Mateo 9:36

I. Nuestro Señor aquí nos enseña cómo pensar o mirar a los hombres. (1) Observe cómo aquí, como siempre para Jesucristo, lo exterior no era nada, excepto como símbolo y manifestación de lo interior, cómo lo que veía en un hombre no eran los accidentes externos de las circunstancias o la posición; pero Su mirada sincera y clara, y Su corazón amoroso y sabio, fueron directamente a la esencia de la cosa y trataron con el hombre, no según lo que pudiera suceder en las categorías de la tierra, sino según lo que estaba en las categorías del cielo.

Hombres y mujeres cristianos, ¿intentan hacer lo mismo? (2) Piense en la condición de la humanidad sin Cristo sin pastor. A menos que Jesucristo sea tanto Guía como Maestro, no tenemos guía ni maestro sin pastor sin Él. ¿Alguna vez pensaste en la profundidad del significado patético y trágico que hay en ese versículo de uno de los Salmos, "Los que se sientan en tinieblas y en la sombra de la muerte"? Allí se sientan, porque no hay esperanza de levantarse y moverse.

Tendrían que andar a tientas si se levantaran, y así se sientan con las manos juntas, como el Buda, que una gran parte del paganismo ha tomado como el verdadero emblema e ideal de la vida más noble. La pasividad absoluta los domina a todos, letargo, estancamiento, ningún sueño de avance o progreso; las ovejas están abatidas, desesperadas, anárquicas, sin pastor, alejadas del Cristo. Dios nos dé la gracia de ver la condición de la humanidad y la nuestra aparte de Él.

II. Cristo nos enseña no solo cómo pensar en los hombres, sino cómo esa vista debe tocarnos. "Se compadeció de ellos al ver las multitudes" con el ojo de un Dios y el corazón de un hombre. Lástima, no aversión; compasión, no ira; lástima, no curiosidad; lástima, no indiferencia. La compasión, y no la curiosidad, es una lección especial del día para los más reflexivos y cultos de nuestras congregaciones.

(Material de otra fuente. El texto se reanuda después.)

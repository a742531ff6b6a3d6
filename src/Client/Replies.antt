-- ===== src/Client/Replies.antt =====
-- Replies to commands: the check for what a callback reads, and the callbacks of the request table.
use centrifuge_go.Prelude.{
  map, ◌++◌, ℕ, String, Bool, true, false, List, [], ◌∷◌, Option, none, some, ◌||◌, ◌&&◌, not,
  if◌then◌else◌, is_some,
}
use centrifuge_go.Errors.{GoError, Result, ok, err, ServerError, server_error, client_disconnected}
use centrifuge_go.Codes.{disconnected_bad_protocol}
use centrifuge_go.Protocol.{
  WireInfo, ClientInfo, pub_from_proto, info_from_proto, Slice, WirePublication, SubscribeResult,
}
use centrifuge_go.Calls.{Context, finish_call}
use centrifuge_go.Requests.{pop_request, unsubscribe_done}
use centrifuge_go.State.{
  Client, Call, CallResult, Request, no_result, rpc_result, history_result, presence_result,
  presence_stats_result, rpc_req, history_req, presence_req, presence_stats_req, Frame, Env,
  Callback, ReplyResult, result_none, result_connect, result_subscribe, result_refresh,
  result_sub_refresh, result_rpc, result_history, result_presence, result_presence_stats,
  connect_cb, subscribe_cb, unsubscribe_cb, refresh_cb, sub_refresh_cb, call_cb,
}
use centrifuge_go.Subscription.{subscribe_replied}
use centrifuge_go.Subscription
use centrifuge_go.World.{World, on_sub, in_client}
use centrifuge_go.Client.Transitions.{move_to_disconnected_from}
use centrifuge_go.Client.Tokens.{
  RefreshReply, refresh_failed, refresh_refused, refreshed, refresh_replied,
}
use centrifuge_go.Client.Connect.{ConnectResult, connect_failed, connect_replied}
use centrifuge_go.Client.Dispatch.{on_sub_delta}

-- A result with publications, as it comes from the wire: a publication may be nil.
pub record WireResult {ℓ} (A : Type ℓ) : Type ℓ where
  pub fields : A
  pub pubs : List (Option WirePublication)

-- `protocol.ConnectResult`: a subscription of it may be nil.
pub record WireConnect : Type 0 where
  pub fields : ConnectResult
  pub wire_subs : List (String × Option (WireResult SubscribeResult))

-- `protocol.HistoryResult`.
pub record WireHistory : Type 0 where
  pub pubs : List (Option WirePublication)
  pub offset : ℕ
  pub epoch : String

-- `protocol.Reply`, by the results that a callback reads. The numbers of presence stats are those
-- of clients and of users.
pub record Reply : Type 0 where
  pub error : Option ServerError
  pub connect : Option WireConnect
  pub subscribe : Option (WireResult SubscribeResult)
  pub refresh : Option (Bool × ℕ)
  pub sub_refresh : Option (Bool × ℕ)
  pub rpc : Option Slice
  pub history : Option WireHistory
  pub presence : Option (List (String × Option WireInfo))
  pub presence_stats : Option (ℕ × ℕ)

unfoldable pub has_nil_publication : List (Option WirePublication) → Bool
has_nil_publication [] = false
has_nil_publication (none ∷ ps) = true
has_nil_publication (some p ∷ ps) = has_nil_publication ps

unfoldable pub malformed_result : Option (WireResult SubscribeResult) → Bool
malformed_result none = true
malformed_result (some r) = has_nil_publication r.pubs

unfoldable pub malformed_subs : List (String × Option (WireResult SubscribeResult)) → Bool
malformed_subs [] = false
malformed_subs ((channel, r) ∷ subs) = malformed_result r || malformed_subs subs

abbrev malformed_connect : Option WireConnect → Bool
malformed_connect none = true
malformed_connect (some r) = malformed_subs r.wire_subs

abbrev pub malformed_history : Option WireHistory → Bool
malformed_history none = true
malformed_history (some h) = has_nil_publication h.pubs

unfoldable pub malformed_reply : ReplyResult → Reply → Bool
malformed_reply result_connect r = malformed_connect r.connect
malformed_reply result_subscribe r = malformed_result r.subscribe
malformed_reply result_refresh r = not (is_some r.refresh)
malformed_reply result_sub_refresh r = not (is_some r.sub_refresh)
malformed_reply result_rpc r = not (is_some r.rpc)
malformed_reply result_history r = malformed_history r.history
malformed_reply result_presence r = not (is_some r.presence)
malformed_reply result_presence_stats r = not (is_some r.presence_stats)
malformed_reply result_none r = false

-- The publications behind the pointers; a nil one would be a panic.
unfoldable pub present : List (Option WirePublication) → List WirePublication
present [] = []
present (none ∷ ps) = present ps
present (some p ∷ ps) = p ∷ present ps

abbrev pub subscribe_result : WireResult SubscribeResult → SubscribeResult
subscribe_result r = record (r.fields) { publications = present r.pubs }

unfoldable pub present_subs :
    List (String × Option (WireResult SubscribeResult)) → List (String × SubscribeResult)
present_subs [] = []
present_subs ((channel, none) ∷ subs) = present_subs subs
present_subs ((channel, some r) ∷ subs) = (channel, subscribe_result r) ∷ present_subs subs

abbrev pub connect_result : WireConnect → ConnectResult
connect_result r = record (r.fields) { subs = present_subs r.wire_subs }

-- What happens during the waits of a callback: in a handler, for the client and for a frame, and
-- while a transport closes.
pub record Waits : Type 0 where
  pub meanwhile : World → World
  pub in_frame : Frame → Frame
  pub closing : World → World

-- What a callback gets: an error of the client, or a reply. A result that is missing would be a
-- panic; `handle` has dropped such a reply before.
unfoldable pub answer {ℓ} : {A : Type ℓ} → Option A → Option ServerError → Option (Result A)
answer r (some e) = some (err (server_error e))
answer none none = none
answer (some a) none = some (ok a)

unfoldable pub connect_answer :
    Env → Context → Waits → ℕ → ℕ → String → Option (Result WireConnect) → World → World
connect_answer env ctx waits t attempt token none w = w
connect_answer env ctx waits t attempt token (some (err e)) w =
    connect_failed env ctx waits.meanwhile waits.closing t attempt token e w
connect_answer env ctx waits t attempt token (some (ok r)) w =
    connect_replied env ctx waits.meanwhile (connect_result r) t attempt w

unfoldable pub subscribe_answer :
    Env → Context → Waits → ℕ → ℕ → ℕ → Option (Result (WireResult SubscribeResult)) → World → World
subscribe_answer env ctx waits a attempt generation none w = w
subscribe_answer env ctx waits a attempt generation (some (err e)) w =
    on_sub_delta env ctx waits.meanwhile a
      (subscribe_replied env waits.in_frame (err e) attempt generation) w
subscribe_answer env ctx waits a attempt generation (some (ok r)) w =
    on_sub_delta env ctx waits.meanwhile a
      (subscribe_replied env waits.in_frame (ok (subscribe_result r)) attempt generation) w

unfoldable pub refresh_answer : Option (Bool × ℕ) → Option ServerError → Option RefreshReply
refresh_answer r (some e) = some (refresh_refused e)
refresh_answer none none = none
refresh_answer (some (expires, ttl)) none = some (refreshed expires ttl)

abbrev pub error_of : Option ServerError → Option GoError
error_of none = none
error_of (some e) = some (server_error e)

-- The results that the closures of `sendRPC`, `sendPublish`, `sendHistory`, `sendPresence` and
-- `sendPresenceStats` make of a reply without an error; `none` would be a panic.
unfoldable pub rpc_result_of : Option Slice → Option CallResult
rpc_result_of none = none
rpc_result_of (some b) = some (rpc_result b)

unfoldable pub history_result_of : Option WireHistory → Option CallResult
history_result_of none = none
history_result_of (some h) =
    some (history_result (map pub_from_proto (present h.pubs)) h.offset h.epoch)

abbrev pub client_info : String × Option WireInfo → String × ClientInfo
client_info (uid, info) = (uid, info_from_proto info)

unfoldable pub presence_result_of : Option (List (String × Option WireInfo)) → Option CallResult
presence_result_of none = none
presence_result_of (some clients) = some (presence_result (map client_info clients))

unfoldable pub presence_stats_result_of : Option (ℕ × ℕ) → Option CallResult
presence_stats_result_of none = none
presence_stats_result_of (some (clients, users)) = some (presence_stats_result clients users)

unfoldable pub call_result : Request → Reply → Option CallResult
unfolding rpc_result_of history_result_of presence_result_of presence_stats_result_of
call_result (rpc_req method b) r = rpc_result_of r.rpc
call_result (history_req channel o) r = history_result_of r.history
call_result (presence_req channel) r = presence_result_of r.presence
call_result (presence_stats_req channel) r = presence_stats_result_of r.presence_stats
call_result _ r = some no_result

-- The closure that a call passes to `sendAsync`, for a reply.
unfoldable pub finish_replied : Call → Reply → Client → Client
finish_replied call r c = elim (answer (call_result call.request r) r.error) [
  | none ↦ c
  | some x ↦ record c { results = c.results ++ ((call, x) ∷ []) }
]

-- `req.cb(reply, nil)`.
unfoldable pub run_callback : Env → Context → Waits → Callback → Reply → World → World
unfolding connect_answer subscribe_answer refresh_answer
run_callback env ctx waits (connect_cb t attempt token) r w =
    connect_answer env ctx waits t attempt token (answer r.connect r.error) w
run_callback env ctx waits (subscribe_cb a attempt generation) r w =
    subscribe_answer env ctx waits a attempt generation (answer r.subscribe r.error) w
run_callback env ctx waits unsubscribe_cb r w = in_client (unsubscribe_done (error_of r.error)) w
run_callback env ctx waits (refresh_cb generation) r w = elim (refresh_answer r.refresh r.error) [
  | none ↦ w
  | some x ↦ refresh_replied env ctx waits.meanwhile generation x w
]
run_callback env ctx waits (sub_refresh_cb a session invalidations) r w =
    elim (answer r.sub_refresh r.error) [
      | none ↦ w
      | some x ↦
          on_sub a (Subscription.refresh_replied env waits.in_frame x session invalidations) w
    ]
run_callback env ctx waits (call_cb call) r w = in_client (finish_replied call r) w

-- `req.cb(nil, err)`.
unfoldable pub fail_callback : Env → Context → Waits → Callback → GoError → World → World
unfolding connect_answer subscribe_answer
fail_callback env ctx waits (connect_cb t attempt token) e w =
    connect_answer env ctx waits t attempt token (some (err e)) w
fail_callback env ctx waits (subscribe_cb a attempt generation) e w =
    subscribe_answer env ctx waits a attempt generation (some (err e)) w
fail_callback env ctx waits unsubscribe_cb e w = in_client (unsubscribe_done (some e)) w
fail_callback env ctx waits (refresh_cb generation) e w =
    refresh_replied env ctx waits.meanwhile generation (refresh_failed e) w
fail_callback env ctx waits (sub_refresh_cb a session invalidations) e w =
    on_sub a (Subscription.refresh_replied env waits.in_frame (err e) session invalidations) w
fail_callback env ctx waits (call_cb call) e w = in_client (finish_call call (some e)) w

-- `handle`, for a reply with an id. A reply that lacks what its callback reads ends the connection.
unfoldable pub handle_reply : Env → Context → Waits → ℕ → ℕ → Reply → World → World
handle_reply env ctx waits t id r w =
    let (found, c) = pop_request id w.client in
    let w1 = record w { client = c } in
    elim found [
      | none ↦ w1
      | some p ↦
          if not (is_some r.error) && malformed_reply p.result r
          then fail_callback env ctx waits p.cb client_disconnected (
              move_to_disconnected_from env ctx (some t) disconnected_bad_protocol "malformed reply"
                w1)
          else run_callback env ctx waits p.cb r w1
    ]

-- The timer of a request, once its grace has passed: the callback fails if no reply came.
unfoldable pub request_timeout : Env → Context → Waits → GoError → ℕ → World → World
request_timeout env ctx waits e id w =
    let (found, c) = pop_request id w.client in
    let w1 = record w { client = c } in
    elim found [ none ↦ w1 | some p ↦ fail_callback env ctx waits p.cb e w1 ]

III. El texto enseña cómo Cristo quiere que actuemos después de que se construya tal emoción y se base en tal visión. Voy a nombrar tres cosas (1) trabajo personal; (2) oración; (3) ayuda.

A. Maclaren, Christian World Pulpit, vol. ix., pág. 305.

I. La mirada habitual de Cristo a los hombres los consideraba sufrimiento. Ningún otro aspecto de la vida parece haberlo golpeado con la misma fuerza, o haber reclamado tanto Su pensamiento, que no sintiera su dolor. El fundamento de su obra es ético, pero el tono se deriva de su sensibilidad más que de sus sentimientos judiciales; deshacerse del dolor es el final.

II. Surge la pregunta: ¿Es ésta una visión verdadera o falsa, saludable o mórbida de la vida humana? La pregunta no puede responderse determinando si hay más felicidad o sufrimiento. El sufrimiento es real, y una mente comprensiva se detendrá en él en lugar de mirar a través del gozo subyacente, y especialmente una gran naturaleza compasiva como la de Cristo se detendrá en él y verá poco más. No se trata de más o menos, sino de apelar a la angustia. Cristo fue un Varón de dolores, pero no su propio dolor; un hombre de dolores, pero dolores que eran suyos solo cuando los tomó de otros en su propio corazón.

III. No hay un gran paso de la piedad de Cristo a la que evoca en los que creen en él. Hay algo más allá del sentido de la justicia y el trato justo, algo más allá incluso de la buena voluntad y el amor. La relación más elevada de hombre a hombre es la compasión. Difícilmente separable del amor en palabras, puede serlo en la concepción; es amor en su máxima expresión, amor rápido, amor en su más alta gradación; es la melancolía, el sentimiento de anhelo, el amor que protege mientras envuelve.

Nuestras penas no son nuestras, para ser lloradas secretamente o disipadas pronto. Debería ser la primera pregunta de todo aquel que sufre, ya que casi siempre es el primer impulso: ¿A qué servicio de ministrar piedad soy llamado? Porque el propósito último de Dios en la humanidad es unirlo. El principal instrumento humano es el que estamos considerando; es la fuerza más fina y dominante alojada en nuestra naturaleza común; lleva a los hombres hasta el punto en que se lanzan al universo y viven.

TT Munger, La libertad de fe, pág. 131.